▶ **Supplied material**:
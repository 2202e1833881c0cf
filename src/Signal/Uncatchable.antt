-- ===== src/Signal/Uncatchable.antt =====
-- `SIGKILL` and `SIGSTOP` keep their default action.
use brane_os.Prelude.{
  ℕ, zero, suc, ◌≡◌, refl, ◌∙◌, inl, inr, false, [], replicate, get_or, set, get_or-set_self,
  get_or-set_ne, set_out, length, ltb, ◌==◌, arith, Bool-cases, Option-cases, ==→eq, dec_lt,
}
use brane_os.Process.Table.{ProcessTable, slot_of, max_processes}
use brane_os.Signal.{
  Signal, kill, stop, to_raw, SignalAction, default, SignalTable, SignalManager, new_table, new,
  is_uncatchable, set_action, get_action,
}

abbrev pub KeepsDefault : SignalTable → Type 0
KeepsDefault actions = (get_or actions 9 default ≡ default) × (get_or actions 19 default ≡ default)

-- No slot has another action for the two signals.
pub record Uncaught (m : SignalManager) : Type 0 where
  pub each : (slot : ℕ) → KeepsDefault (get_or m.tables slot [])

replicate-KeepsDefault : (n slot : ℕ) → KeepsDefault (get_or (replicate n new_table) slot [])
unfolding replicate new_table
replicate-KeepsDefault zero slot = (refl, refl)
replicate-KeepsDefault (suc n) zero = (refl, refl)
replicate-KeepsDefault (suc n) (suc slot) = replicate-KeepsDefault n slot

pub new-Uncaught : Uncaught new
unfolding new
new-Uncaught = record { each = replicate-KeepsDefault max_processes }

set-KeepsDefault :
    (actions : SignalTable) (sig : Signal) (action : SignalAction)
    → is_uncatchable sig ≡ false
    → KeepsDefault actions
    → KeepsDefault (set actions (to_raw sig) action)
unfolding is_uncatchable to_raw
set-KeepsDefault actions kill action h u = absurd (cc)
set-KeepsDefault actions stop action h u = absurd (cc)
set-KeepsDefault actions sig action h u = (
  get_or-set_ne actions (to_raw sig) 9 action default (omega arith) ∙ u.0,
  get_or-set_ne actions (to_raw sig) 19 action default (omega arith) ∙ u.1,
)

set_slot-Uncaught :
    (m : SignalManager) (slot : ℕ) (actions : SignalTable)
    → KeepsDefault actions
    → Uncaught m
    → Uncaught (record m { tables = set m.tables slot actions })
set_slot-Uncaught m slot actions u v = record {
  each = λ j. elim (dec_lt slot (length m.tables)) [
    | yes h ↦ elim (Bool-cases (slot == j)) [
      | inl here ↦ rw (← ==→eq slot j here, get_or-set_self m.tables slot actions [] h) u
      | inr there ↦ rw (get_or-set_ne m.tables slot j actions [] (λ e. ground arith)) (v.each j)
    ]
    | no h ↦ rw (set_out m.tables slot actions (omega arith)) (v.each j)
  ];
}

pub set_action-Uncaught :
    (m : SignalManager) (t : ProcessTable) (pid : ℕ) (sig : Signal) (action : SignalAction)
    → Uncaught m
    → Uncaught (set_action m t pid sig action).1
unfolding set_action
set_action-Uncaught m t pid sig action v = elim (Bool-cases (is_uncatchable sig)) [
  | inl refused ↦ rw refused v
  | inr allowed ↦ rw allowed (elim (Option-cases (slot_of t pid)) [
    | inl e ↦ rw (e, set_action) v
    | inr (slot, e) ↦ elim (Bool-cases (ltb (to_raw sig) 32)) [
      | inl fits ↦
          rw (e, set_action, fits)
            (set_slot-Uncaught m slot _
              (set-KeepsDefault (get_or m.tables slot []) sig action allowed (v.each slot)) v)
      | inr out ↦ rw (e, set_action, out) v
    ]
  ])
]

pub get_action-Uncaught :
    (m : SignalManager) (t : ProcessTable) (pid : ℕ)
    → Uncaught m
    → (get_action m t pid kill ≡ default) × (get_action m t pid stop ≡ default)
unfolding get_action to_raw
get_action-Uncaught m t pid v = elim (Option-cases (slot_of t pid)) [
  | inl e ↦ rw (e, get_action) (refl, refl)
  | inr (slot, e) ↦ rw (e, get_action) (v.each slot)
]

▶ **Task**: Your task is to collect every line above that contains the word "SignalTable".

▶ **Written reply**:
  Signal, kill, stop, to_raw, SignalAction, default, SignalTable, SignalManager, new_table, new,
abbrev pub KeepsDefault : SignalTable → Type 0
    (actions : SignalTable) (sig : Signal) (action : SignalAction)
    (m : SignalManager) (slot : ℕ) (actions : SignalTable)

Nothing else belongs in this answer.